Text, voice messages, documents. Proactive notifications for alerts and results.

Voice

Whisper STT + Piper TTS — fully local. Speech recognition and synthesis in all languages.

MS Teams

Read and send channel messages, create online meetings. Microsoft Graph API.

Project Management

JIRA

Search, create, update issues and change status. JQL queries, sprint overview.

Azure DevOps

Work items, pipelines, boards. Create tasks, track status, monitor CI/CD.

MS Project

Read projects and tasks, track milestones, update deadlines.

Codebeamer (ALM)

Requirements, test cases, traceability links, baseline comparison. For automotive development.

Documentation & Reporting

Confluence / SharePoint

Wiki pages and documents — read, create, update. DMS integration.

Word / Excel / PowerPoint

Create Office documents: reports as Word, data as Excel, presentations as PowerPoint.
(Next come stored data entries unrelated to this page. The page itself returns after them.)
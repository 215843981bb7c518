-- ===== src/Heap/AllocEnds.antt =====
-- The loop of `heap_alloc_block_aligned` that grows the heap until a block fits comes to an end.
use mathlib.Core.Path.{subst}
use rastapopoulos.Base.{
  List, Option, Outcome, aborted, arith, assert, fail, none, ok, refl, some, suc, sym, undefined,
  zero, ℕ, ◌*◌, ◌+◌, ◌==◌, ◌>>=◌, ◌>>◌, ◌^◌, ◌≡◌, ◌≤◌,
}
use rastapopoulos.Base.Ends.{
  Ends, Ends-Post, Ends-bind, Ends-ok, Ends-undefined, Post, Post-if, ends_rules, post_fail,
  post_ok,
}
use rastapopoulos.Base.Words.{u32}
use rastapopoulos.Heap.{
  Block, Heap, block_header, heap_lock, heap_unlock, magic_allocated, write_canary,
}
use rastapopoulos.Heap.Allocate.{
  alloc_loop, heap_alloc, heap_alloc_aligned, heap_alloc_block_aligned, heap_grow, walk,
}
use rastapopoulos.Heap.Ends.{AllSmall, heap_grow-Ends, walk-Ends}
use rastapopoulos.Heap.Growth.{IsLarger, Larger, heap_grow-Larger}
use rastapopoulos.Pmm.{page_size}
use rastapopoulos.Vmm.{Memory}

write_canary-Ends : (words : ℕ → ℕ) (b : Block) → Ends (write_canary words b)
unfolding write_canary
write_canary-Ends words b = search (ends_rules)

alloc_round-Ends :
    (rounds : ℕ) (s : Heap) (size : ℕ) (m : Memory)
    → AllSmall s.blocks
    → s.max_size + page_size ≤ 2 ^ 32
    → ((s' : Heap) (m' : Memory) → Larger s s' → Ends (alloc_loop rounds s' size 8 m'))
    → Ends (alloc_loop (suc rounds) s size 8 m)
unfolding alloc_loop
alloc_round-Ends rounds s size m small fits next =
    Ends-bind (walk s.blocks size 8) _ (walk-Ends s.blocks size small) (
      walked (
        Ends-Post (heap_grow s size m) _ (heap_grow-Ends s size m)
          (heap_grow-Larger s size m small fits) grown))
  where
    grown :
        (result : Option Heap × Memory)
        → IsLarger s result
        → Ends {A = Option Block × Heap × Memory} (elim result.0 [
          | none ↦ ok (none, s, result.1)
          | some s' ↦ alloc_loop rounds s' size 8 result.1
        ])
    grown (none, m') larger = Ends-ok (none, s, m')
    grown (some s', m') larger = next s' m' larger

    walked :
        {others : Outcome (Option Block × Heap × Memory)}
        → Ends others
        → (found : Option (List Block × Block))
        → Ends {A = Option Block × Heap × Memory} (elim found [
          | some (blocks, given) ↦ write_canary s.words given >>= λ words.
              ok (some given, record s { blocks = blocks; words = words }, m)
          | none ↦ others
        ])
    walked rest none = rest
    walked rest (some (blocks, given)) =
        Ends-bind (write_canary s.words given) _ (write_canary-Ends s.words given)
          λ words. Ends-ok _

alloc_loop-Ends :
    (rounds : ℕ) (s : Heap) (size : ℕ) (m : Memory)
    → AllSmall s.blocks
    → s.max_size + page_size ≤ 2 ^ 32
    → s.max_size ≤ s.heap_size + rounds * page_size
    → Ends (alloc_loop (suc rounds) s size 8 m)
alloc_loop-Ends zero s size m small fits enough =
    alloc_round-Ends zero s size m small fits λ s' m' w. absurd (omega (arith, w.was_less))
alloc_loop-Ends (suc rounds) s size m small fits enough =
    alloc_round-Ends (suc rounds) s size m small fits λ s' m' w.
      alloc_loop-Ends rounds s' size m' w.still_small (omega (arith, w.same_max))
        (omega (arith, w.same_max, w.larger))

abbrev SameSizes : Heap → Heap → Type 0
SameSizes s locked =
    (locked.blocks ≡ s.blocks) × (locked.max_size ≡ s.max_size) × (locked.heap_size ≡ s.heap_size)

heap_lock-SameSizes : (s : Heap) → Post (SameSizes s) (heap_lock s)
unfolding heap_lock
heap_lock-SameSizes s =
    Post-if (s.lock == 0) (λ e. post_ok _ (refl, refl, refl)) (λ e. post_fail aborted)

heap_lock-Ends : (s : Heap) → Ends (heap_lock s)
unfolding heap_lock
heap_lock-Ends s = search (ends_rules)

heap_unlock-Ends : (s : Heap) → Ends (heap_unlock s)
unfolding heap_unlock
heap_unlock-Ends s = search (ends_rules)

-- `heap_alloc` comes to an end, whatever the blocks hold, the tables map and the allocator has left:
-- in a heap whose blocks are below 2^32, and whose greatest size is so by a page at least, the loop
-- that grows it takes no more rounds than there are pages from its size to the greatest, and one.
pub heap_alloc-Ends :
    (rounds : ℕ) (s : Heap) (size : ℕ) (m : Memory)
    → AllSmall s.blocks
    → s.max_size + page_size ≤ 2 ^ 32
    → s.max_size ≤ s.heap_size + rounds * page_size
    → Ends (heap_alloc (suc rounds) s size m)
unfolding heap_alloc heap_alloc_aligned heap_alloc_block_aligned
heap_alloc-Ends rounds s size m small fits enough =
    Ends-bind (heap_alloc_block_aligned (suc rounds) s size 8 m) _
      (Ends-Post (heap_lock s) _ (heap_lock-Ends s) (heap_lock-SameSizes s) λ locked same.
        Ends-bind (alloc_loop (suc rounds) locked (u32 (size + 8)) 8 m) _
          (alloc_loop-Ends rounds locked (u32 (size + 8)) m (subst AllSmall (sym same.0) small)
            (omega (arith, same.1)) (omega (arith, same.1, same.2)))
          λ result. Ends-bind (heap_unlock result.1) _ (heap_unlock-Ends result.1) λ u. Ends-ok _)
      checked
  where
    checked :
        (result : Option Block × Heap × Memory)
        → Ends {A = ℕ × Heap × Memory} (elim result.0 [
          | none ↦ fail undefined
          | some h ↦
              assert (h.magic == magic_allocated)
              >> ok (u32 (h.address + block_header), result.1, result.2)
        ])
    checked (none, after, m') = Ends-undefined
    checked (some h, after, m') = search (ends_rules)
Document Recognition (OCR)

Scan invoices, delivery notes, contracts. Auto-detect fields. Processed locally.

KPI Reports

Daily and weekly summaries, CSV export, automatic overviews.

Data & Systems

ERP (SAP / DATEV)

Query articles, customers, orders, inventory levels. Multi-backend: SAP, DATEV, custom.

SQL Databases

PostgreSQL, MSSQL, Firebird — read-only by design. No write access to production data.

GitLab / GitHub

Repositories, merge requests, CI/CD pipelines. Read commits, create issues, comment.

SFTP / Remote Files

File access to workstations via VPN. Encrypted and without open ports.

Compliance & Organization

Deadline Management

Certifications, maintenance intervals, contract terms. Proactive reminders before expiry.

Inventory Management

Monitor stock levels, reorder suggestions, minimum quantity alerts.

Calendar (local + Outlook)

Appointments, deadlines, follow-ups. Send Outlook invitations. Public holidays automatically considered.

Contact Management

People, companies, phone numbers, email addresses. Automatic updates.

Modular Toolbox: Each AI assistant receives only the skills it needs. Custom integrations (specialized ERP systems, industry-specific tools, internal databases) can be developed and added as new skills at any time — without changing the core.